Live by the double minor, die by the double minor. The Caps have been on the right side of a four-minute power play twice in the last week, but they were on the wrong side on Tuesday in their only home game in a span of two weeks, dropping a 2-1 overtime decision to the San Jose Sharks at Capital One Arena.
But double minor aside, the Caps simply didn’t play well enough to win on Tuesday, and it might be the first night in 25 games this season that statement would apply to them.
“I don’t know what to say, really,” says Caps’ defenseman Rasmus Sandin. “It just felt like it was a complete off game, which is not acceptable. We need to come out better and create some energy on our bench and that type of stuff to get going a little bit quicker in this game.”
Twice in a span of three games last week, the Caps benefited from a double minor penalty called against the opposition. Last Wednesday in Tampa, they won 5-4 when Tom Wilson scored on the ensuing power play after the Lightning’s Anthony Cirelli did some dental work on Dylan Strome with his stick.
Three nights later in Newark, Strome took Dawson Mercer’s stick to the grill, and the Caps scored on both ends of that double minor to turn the game in their favor and eventually win it.

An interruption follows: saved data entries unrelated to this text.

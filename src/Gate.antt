-- ===== src/Gate.antt =====
-- src/slack_runtests/gate.py: the four checks that every slash command passes.
pub mod Entitled
pub mod Laws
pub mod Names
mod Tests
use slack_runtests.Prelude.{
  Bool, List, Option, Text, [], codes, contains, false, if◌then◌else◌, is_empty, none, not,
  or_default, some, true, ℕ, ◌&&◌, ◌==◌, nat_eq, text_eq, int_eq, option_eq,
}
use slack_runtests.Python.{Bytes, Result, ok, ◌>>=◌}
use slack_runtests.Signature.{is_valid}
use slack_runtests.Forms.{Form, get, parse_form}
use slack_runtests.Parsing.{ArgError, Args, Parsed, parse, parsed, slack_arg_error}

-- What `check` says to the person who typed a refused command.
pub data Message : Type 0 where
  bad_signature wrong_workspace wrong_channel not_listed : Message
  bad_wording : ArgError → Message

-- `Outcome`; `is_ok` is its field `ok`.
pub record Outcome : Type 0 where
  pub is_ok : Bool
  pub status : ℕ
  pub message : Option Message
  pub args : Option Args
  pub form : Form
  pub unverified : Bool

-- The parameters of `check` that the configuration gives.
pub record Settings : Type 0 where
  pub signing_secret : Text
  pub allowed_team : Text
  pub allowed_channels : List Text
  pub allowed_users : List Text

abbrev pub Headers : Type 0
Headers = Text → Option Text

-- `Outcome(ok=False, message=…, form=form)`
abbrev pub refused : Message → Form → Outcome
refused m form = record {
  is_ok = false;
  status = 200;
  message = some m;
  args = none;
  form = form;
  unverified = false;
}

abbrev pub unsigned : Outcome
unsigned = record {
  is_ok = false;
  status = 401;
  message = some bad_signature;
  args = none;
  form = [];
  unverified = false;
}

-- `value not in allowed`, for a value that may be absent.
abbrev pub is_outside : List Text → Option Text → Bool
is_outside allowed none = true
is_outside allowed (some v) = not (contains allowed v)

-- The third and the second check, in the order of the code: a list or a team that is not set
-- checks nothing.
pub objection : Settings → Form → Option Message
objection s form =
    if not (is_empty s.allowed_team) && not (get (codes "team_id") form == some s.allowed_team)
    then some wrong_workspace
    else if not (is_empty s.allowed_channels)
        && is_outside s.allowed_channels (get (codes "channel_id") form)
    then some wrong_channel
    else if not (is_empty s.allowed_users)
        && is_outside s.allowed_users (get (codes "user_id") form)
    then some not_listed
    else none

-- The fourth check.
abbrev pub judged : Form → Bool → Parsed → Outcome
judged form unverified (slack_arg_error error) = refused (bad_wording error) form
judged form unverified (parsed args) = record {
  is_ok = true;
  status = 200;
  message = none;
  args = some args;
  form = form;
  unverified = unverified;
}

-- The fourth check, unless there is an objection.
abbrev pub unless : Option Message → Form → Bool → Result Outcome
unless (some m) form unverified = ok (refused m form)
unless none form unverified = do
  result ← parse (or_default (get (codes "text") form) [])
  ok (judged form unverified result)

-- The second, the third and the fourth check of a form.
pub check_form : Settings → Form → Bool → Result Outcome
unfolding objection
check_form s form unverified = unless (objection s form) form unverified

module _ (hmac_hex : Bytes → Bytes → Text) where
  -- `check`; what `is_valid` and `parse` raise goes through.
  unfoldable pub check : Bytes → Headers → Settings → ℕ → Result Outcome
  unfolding check_form
  check body headers s now =
      if is_empty s.signing_secret then check_form s (parse_form body) true else do
        valid ←
            is_valid hmac_hex body (or_default (headers (codes "X-Slack-Request-Timestamp")) [])
              (or_default (headers (codes "X-Slack-Signature")) []) s.signing_secret now
        if valid then check_form s (parse_form body) false else ok unsigned
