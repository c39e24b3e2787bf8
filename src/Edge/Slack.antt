-- ===== src/Edge/Slack.antt =====
-- The Slack door of edge/edge_server/app.py: `slack_commands`. A reply is what its text tells;
-- Edge/Texts has the texts.
-- The replies: an HTTP error, and what only the person who typed the command sees.
use slack_runtests.Prelude.{
  List, Option, Text, [], codes, contains, if◌then◌else◌, is_empty, keep_if, length, none, not,
  or_default, or_else, some, ℕ, ◌&&◌, ◌==◌, ◌||◌, ◌∷◌, nat_eq, text_eq, int_eq, option_eq,
}
use slack_runtests.Edge.{State}
use slack_runtests.Strings.{starts_with}
use slack_runtests.Python.{Bytes, Result, assertion_error, ok, raised, ◌>>=◌}
use slack_runtests.Forms.{Form, get}
use slack_runtests.Parsing.{Args}
use slack_runtests.Gate.{Headers, Message, Outcome, Settings, check}
use slack_runtests.Store.Rows.{Job, JobRow, state_eq}
use slack_runtests.Store.{enqueue, job, last_for}
use slack_runtests.Store.Runners.{RunnerView, online}

pub data SlackReply : Type 0 where
  http_error : ℕ → Option Message → SlackReply
  ephemeral : Option Message → SlackReply
  no_run : Text → SlackReply
  described : JobRow → SlackReply
  already_queued : Text → SlackReply
  queued_alone : Text → SlackReply
  queued_for : ℕ → Text → Text → SlackReply

-- What the handler reads of the configuration beside the gate's settings.
pub record SlackConfig : Type 0 where
  pub settings : Settings
  pub default_channel : Text
  pub offline_after : ℕ

-- The channel that the results go to; a name gets its `#`.
unfoldable pub channel_of : SlackConfig → Form → Text
unfolding starts_with
channel_of cfg form =
    let channel =
      or_else (get (codes "channel_name") form)
        (or_else (get (codes "channel_id") form) cfg.default_channel) in
    if not (is_empty channel)
      && not (starts_with (codes "#") channel)
      && not (starts_with (codes "C") channel)
    then b'#' ∷ channel
    else channel

abbrev pub trigger_of : Form → Text
trigger_of form = or_else (get (codes "trigger_id") form) (or_default (get (codes "text") form) [])

-- The test servers that may take a job for a server.
abbrev pub eligible : Text → List RunnerView → List RunnerView
eligible server = keep_if (λ v. is_empty v.labels || contains v.labels server)

-- `a or b` for rows.
abbrev pub or_row : Option JobRow → Option JobRow → Option JobRow
or_row none b = b
or_row (some a) b = some a

-- `uuid12 t` is `uuid.uuid5(uuid.NAMESPACE_URL, t).hex[:12]`.
module _ (hmac_hex : Bytes → Bytes → Text) (uuid12 : Text → Text) where
  unfoldable pub job_for : SlackConfig → Form → Args → Job
  unfolding channel_of
  job_for cfg form a = record {
    id = uuid12 (trigger_of form);
    product = a.product;
    server = a.server;
    select_expr = a.select;
    marker = a.marker;
    slack_channel = channel_of cfg form;
    slack_user = or_default (get (codes "user_id") form) [];
  }

  -- The handler behind the gate.
  unfoldable pub commanded : SlackConfig → Form → Args → ℕ → State → State × SlackReply
  unfolding job_for
  commanded cfg form a now s =
      if a.action == codes "results"
      then (elim (or_row (job (uuid12 (trigger_of form)) s.jobs) (last_for a.product s.jobs)) [
        | none ↦ (s, no_run a.product)
        | some row ↦ (s, described row)
      ])
      else let (jobs, is_new) = enqueue (job_for cfg form a) now s.jobs in
        let servers = eligible a.server (online cfg.offline_after now s.runners) in
        (
          record s { jobs = jobs },
          (if not is_new
              then already_queued (uuid12 (trigger_of form))
              else if is_empty servers
              then queued_alone (uuid12 (trigger_of form))
              else queued_for (length servers) (uuid12 (trigger_of form)) (channel_of cfg form)),
        )

  -- What becomes of the gate's outcome; one that is ok has arguments, as the code asserts.
  abbrev pub handled : SlackConfig → ℕ → State → Outcome → Option Args → Result (State × SlackReply)
  handled cfg now s out args =
      if not out.is_ok
      then ok (
        s,
        (if not (out.status == 200)
            then http_error out.status out.message
            else ephemeral out.message),
      )
      else elim args [
        | none ↦ raised assertion_error
        | some a ↦ ok (commanded cfg out.form a now s)
      ]

  unfoldable pub slack_commands :
      SlackConfig → Bytes → Headers → ℕ → State → Result (State × SlackReply)
  unfolding commanded
  slack_commands cfg body headers now s = do
    out ← check hmac_hex body headers cfg.settings now
    handled cfg now s out out.args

Briefly back home to host San Jose on Tuesday, the Caps played perhaps their weakest overall game of the season, though they were still locked in a 1-1 tie with the Sharks as time ticked down in the third period. But Wilson’s attempted stick lift in the defensive zone went awry; he caught Sharks rookie Macklin Celebrini up high with 2:17 left, putting San Jose on a four-minute power play.

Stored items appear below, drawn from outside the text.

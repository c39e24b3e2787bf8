-- ===== src/Agent/Dispatch.antt =====
-- `Job.as_dispatch` of edge/edge_server/store.py, and what a test server makes of a job that came
-- through the parser of the edge.
use slack_runtests.Prelude.{
  Bool-cases, Option, Text, [], arith, codes, false, inl, inr, is_empty, none, or_default, refl,
  some, true, ◌≡◌,
}
use slack_runtests.Agent.{check_field, validate}
use slack_runtests.Python.{Bytes, ok}
use slack_runtests.Forms.{Form}
use slack_runtests.Parsing.{Args, expression_matches, is_bad, parse, parsed}
use slack_runtests.Parsing.Laws.{parse-IsAllowed}
use slack_runtests.Store.Rows.{Job}
use slack_runtests.Store.{job}
use slack_runtests.Edge.Slack.{SlackConfig, job_for, trigger_of}
use slack_runtests.Reporter.{Payload, shown_of, text}

-- `Job.as_dispatch`, without the name of the user, which a test server does not read.
unfoldable pub as_dispatch : Job → Payload
as_dispatch job = record {
  job_id = some (text job.id);
  product = some (text job.product);
  server = some (text job.server);
  select = some (text (or_default job.select_expr []));
  marker = some (text (or_default job.marker []));
  slack_channel = some (text job.slack_channel);
}

check_field-allowed :
    (field : Text) (o : Option Text)
    → is_bad o ≡ false
    → check_field field (some (text (or_default o []))) ≡ ok none
unfolding check_field
check_field-allowed field none h = refl
check_field-allowed field (some v) h =
    let fits : expression_matches v ≡ true = ground (arith, h) in
    elim (Bool-cases (is_empty v)) [ inl empty ↦ rw empty refl | inr full ↦ rw (full, fits) refl ]

module _ (hmac_hex : Bytes → Bytes → Text) (uuid12 : Text → Text) where
  -- The job that the edge queues for a command that its parser accepted passes the test of the test
  -- server, and it names all that the messages show.
  pub dispatched-IsAccepted :
      (cfg : SlackConfig) (form : Form) (words : Text) (a : Args)
      → parse words ≡ ok (parsed a)
      → let job = job_for hmac_hex uuid12 cfg form a in
        (validate (as_dispatch job) ≡ ok none)
        × (shown_of (as_dispatch job)
            ≡ ok (record {
              product = a.product;
              server = a.server;
              job_id = uuid12 (trigger_of form);
            }))
  unfolding validate job_for as_dispatch shown_of
  dispatched-IsAccepted cfg form words a h =
      let allowed = parse-IsAllowed words a h in
      (
        rw
            (
              allowed.product,
              allowed.server,
              check_field-allowed (codes "select") a.select allowed.select,
              check_field-allowed (codes "marker") a.marker allowed.marker,
            )
            refl,
        refl,
      )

The Caps scraped a point out of the game by killing the front half of the penalty plus 17 seconds, but they couldn’t snuff out the remainder of 4-on-3 overtime power play. William Eklund won it for San Jose at the 39-second mark of overtime, giving the Sharks their fourth win in their last five games and a two-win start to a six-game road trip.
“They were just zipping it around and they beat me going to the left,” says Caps’ goalie Logan Thompson of the game-winner. “And it snuck through, and I think it’s a save I can make. And it's unfortunate. We were there all game, and I think we let two points slip away tonight. It's frustrating.”

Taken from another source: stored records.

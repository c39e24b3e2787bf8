-- ===== src/Agent/Laws.antt =====
-- `counts_from_junit`: the counts of pytest's reports.
use slack_runtests.Prelude.{
  Bool-cases, List, Text, Text-discrete, [], ap, arith, codes, if◌then◌else◌, inl, inr, is_empty,
  negate, pos, refl, some, tests, true, ℕ, ℕ_discrete, ◌++◌, ◌+ℤ◌, ◌+◌, ◌-◌, ◌<◌, ◌^◌, ◌∙◌, ◌∷◌,
  ◌≡◌, ◌≤◌,
}
use slack_runtests.Python.{ok, parse_int, parse_int-nonempty}
use slack_runtests.Decimal.{parse_int-show, show}
use slack_runtests.Agent.Junit.{
  Node, Nodes, add_suite, add_suites, at_least_zero, cons, counts_from_junit, counts_of_totals,
  element, failed_of, finds, float_of, get_of, has_child, id_of, int_of, is_failed, is_float, iter,
  iter_all, nil, suites_of, value_of,
}
use slack_runtests.Agent.Execute.{◌then◌}

-- How a test ends, with the message that pytest writes.
pub data CaseEnd : Type 0 where
  passing : CaseEnd
  failing erring skipping : Text → CaseEnd

-- A test in the report of pytest; `more` are its other attributes.
pub record TestCase : Type 0 where
  pub classname : Text
  pub name : Text
  pub more : List (Text × Text)
  pub ending : CaseEnd

abbrev pub said_of : Text → Text → Nodes
said_of tag message = cons (element tag ((codes "message", message) ∷ []) nil) nil

abbrev pub child_of : CaseEnd → Nodes
child_of passing = nil
child_of (failing message) = said_of (codes "failure") message
child_of (erring message) = said_of (codes "error") message
child_of (skipping message) = said_of (codes "skipped") message

abbrev pub case_node : TestCase → Node
case_node k =
    element (codes "testcase") ((codes "classname", k.classname) ∷ (codes "name", k.name) ∷ k.more)
      (child_of k.ending)

abbrev pub case_nodes : List TestCase → Nodes
case_nodes [] = nil
case_nodes (k ∷ tests) = cons (case_node k) (case_nodes tests)

-- The names of the tests that failed or erred.
abbrev pub names_of : TestCase → List Text
names_of k =
    let name = if is_empty k.classname then k.name else k.classname ++ codes "::" ++ k.name in
    elim k.ending [
      | passing ↦ []
      | failing message ↦ name ∷ []
      | erring message ↦ name ∷ []
      | skipping message ↦ []
    ]

abbrev pub failed_names : List TestCase → List Text
failed_names [] = []
failed_names (k ∷ tests) = names_of k ++ failed_names tests

-- The report of pytest: one suite, with its numbers as attributes; `root` and `more` are the other
-- attributes, such as the name, the time stamp and the host.
abbrev pub report_of :
    List (Text × Text) → List (Text × Text) → ℕ → ℕ → ℕ → ℕ → Text → List TestCase → Node
report_of root more erred fails skips many time tests = element (codes "testsuites") root (
    cons
      (element (codes "testsuite")
        ((codes "name", codes "pytest")
          ∷ (codes "errors", show erred)
          ∷ (codes "failures", show fails)
          ∷ (codes "skipped", show skips)
          ∷ (codes "tests", show many)
          ∷ (codes "time", time)
          ∷ more)
        (case_nodes tests))
      nil)

flat_case : (e : CaseEnd) → iter_all (codes "testsuite") (child_of e) ≡ []
unfolding iter Text-discrete ℕ_discrete
flat_case passing = refl
flat_case (failing message) = refl
flat_case (erring message) = refl
flat_case (skipping message) = refl

-- There is no suite among the tests.
flat_cases : (tests : List TestCase) → iter_all (codes "testsuite") (case_nodes tests) ≡ []
unfolding iter Text-discrete ℕ_discrete
flat_cases [] = refl
flat_cases (k ∷ tests) = rw (flat_case k.ending) (flat_cases tests)

failed_of-case :
    (classname name : Text) (more : List (Text × Text)) (e : CaseEnd) (rest : List Node)
    → let k : TestCase = record { classname = classname; name = name; more = more; ending = e } in
      failed_of (case_node k ∷ (iter_all (codes "testcase") (child_of e) ++ rest))
      ≡ names_of k ++ failed_of rest
unfolding iter failed_of is_failed finds has_child id_of get_of value_of Text-discrete ℕ_discrete
failed_of-case classname name more passing rest = refl
failed_of-case classname name more (failing message) rest = refl
failed_of-case classname name more (erring message) rest = refl
failed_of-case classname name more (skipping message) rest = refl

failed_of-cases :
    (tests : List TestCase)
    → failed_of (iter_all (codes "testcase") (case_nodes tests)) ≡ failed_names tests
unfolding iter Text-discrete ℕ_discrete
failed_of-cases [] = unfold failed_of in refl
failed_of-cases (k ∷ tests) =
    failed_of-case k.classname k.name k.more k.ending _
    ∙ ap (λ names. names_of k ++ names) (failed_of-cases tests)

show-int_of : (n : ℕ) → n < 10 ^ 20 → int_of (some (show n)) ≡ ok (pos n)
unfolding int_of
show-int_of n small =
    let e : parse_int (show n) ≡ some (pos n) = parse_int-show 20 n small (omega arith) in
    rw (parse_int-nonempty (show n) (pos n) e, e) refl

float_of-fine : (s : Text) → is_float s ≡ true → float_of (some s) ≡ ok tt
unfolding float_of
float_of-fine s h = elim (Bool-cases (is_empty s)) [
  | inl empty ↦ rw empty refl
  | inr full ↦ rw (full, h) refl
]

zero_add : (n : ℕ) → 0 + n ≡ n
zero_add n = omega arith

-- What is left of some when two parts are taken away.
left_over :
    (many x y : ℕ)
    → x + y ≤ many
    → at_least_zero (pos many +ℤ negate (pos x) +ℤ negate (pos y)) ≡ pos (many - (x + y))
left_over many x y h = ground (arith, h)

-- The counts of a report of pytest are those that its attributes say, and the tests that passed are
-- what is left of all; the tests that failed or erred are named, with their classes, in the order of
-- the report. The report has one suite, numbers of 20 digits at most, a time that `float` reads, and
-- no fewer tests than failures, errors and skips; its other attributes and the tests are any.
pub counts_from_junit-report :
    (root more : List (Text × Text)) (erred fails skips many : ℕ) (time : Text)
    (tests : List TestCase)
    → erred < 10 ^ 20
    → fails < 10 ^ 20
    → skips < 10 ^ 20
    → many < 10 ^ 20
    → fails + erred + skips ≤ many
    → is_float time ≡ true
    → counts_from_junit (some (report_of root more erred fails skips many time tests))
      ≡ ok (record {
        passed = pos (many - (fails + erred + skips));
        failed = pos (fails + erred);
        skipped = pos skips;
        failed_ids = failed_names tests;
      })
unfolding counts_from_junit suites_of add_suites add_suite get_of value_of iter Text-discrete
counts_from_junit-report root more erred fails skips many time tests e_small f_small s_small t_small
      fits timed =
    rw
      (
        flat_cases tests,
        failed_of-cases tests,
        show-int_of erred e_small,
        show-int_of fails f_small,
        show-int_of skips s_small,
        show-int_of many t_small,
        float_of-fine time timed,
        zero_add many,
        zero_add fails,
        zero_add erred,
        zero_add skips,
        counts_of_totals,
        left_over many (fails + erred) skips (omega arith),
      )
      refl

As for the Capitals, their home struggles continued. Their four-game winning streak was halted, and they have now won just one of their last six games (1-3-2) at Capital One Arena.
“It was not good again, especially the second and third period,” says Caps’ coach Spencer Carbery. “It’s really, really disappointing. Because it was from all four lines and all of our [defense] pairs, and it was a struggle. And it’s now becoming an issue at home right now.”
Washington’s start wasn’t bad; the Caps were around the net, they had scoring chances, and they had offensive zone time in the game’s first 20 minutes. But many of their best looks missed the mark, and when Tyler Toffoli picked off a Sandin pass at the Washington line late in the first, he then used the Washington blueliner as a decoy, firing a high shot past Thompson with exactly a minute remaining in the first.
In the second, the Caps regressed. At one point, the five Washington skaters were hemmed in their own end for almost two and a half minutes before they were able to get a partial change. But the Caps survived, and they even managed to draw even soon after, striking five seconds after an offensive zone face-off win.
Nic Dowd won the right dot draw, and Ivan Miroshnichenko kicked it back – literally – to Martin Fehervary while Dowd drifted across to the weak side. Fehervary fed Dowd, and the latter’s one-timer found twine, the only one of Washington’s 28 shots to do so, at 13:02 of the second.
But this would be a night of diminishing returns for Washington. It was better in the first than it was in the second, and better in the second than in the third. The Capitals’ total of shots on net was halved in every period – 16 in the first, eight in the second, and four in the third.
“Our puck play was obviously horrendous,” says Carbery, “so we couldn't string together passes. You saw the execution. That's fine; you're going to have off nights where you can’t keep a puck flat, it's bouncing everywhere, you can't execute. Or when you do get into situations where you feel like something's going, you miss the net or it hits shin pads, or whatever it might be. You saw that 100 times tonight.”
It took 25 games, but the Caps finally turned in a clunker on Tuesday.
“I think we got away from everything that we’ve been doing this whole season,” says Caps’ forward Connor McMichael. “We just weren’t smart with the puck. We weren’t making easy plays, and we were trying to do too much. That’s one we want to put behind us.”
The Sharks have engineered an impressive turnaround after a dismal 0-7-2 start to the season, they’ve gone 10-6-3 since. And on Tuesday, they made a winner of their coach against his mentor, Carbery. San Jose coach Ryan Warsofsky was Carbery’s assistant coach during his days with the ECHL South Carolina Stingrays a decade ago.
“It wasn’t about ‘us’ at all,” says Warsofsky. “We’re both ultra-competitive, and I think it was a good hockey game, if you were a fan. Both of us will look at the film and have some things to work on. But obviously it feels good to win.”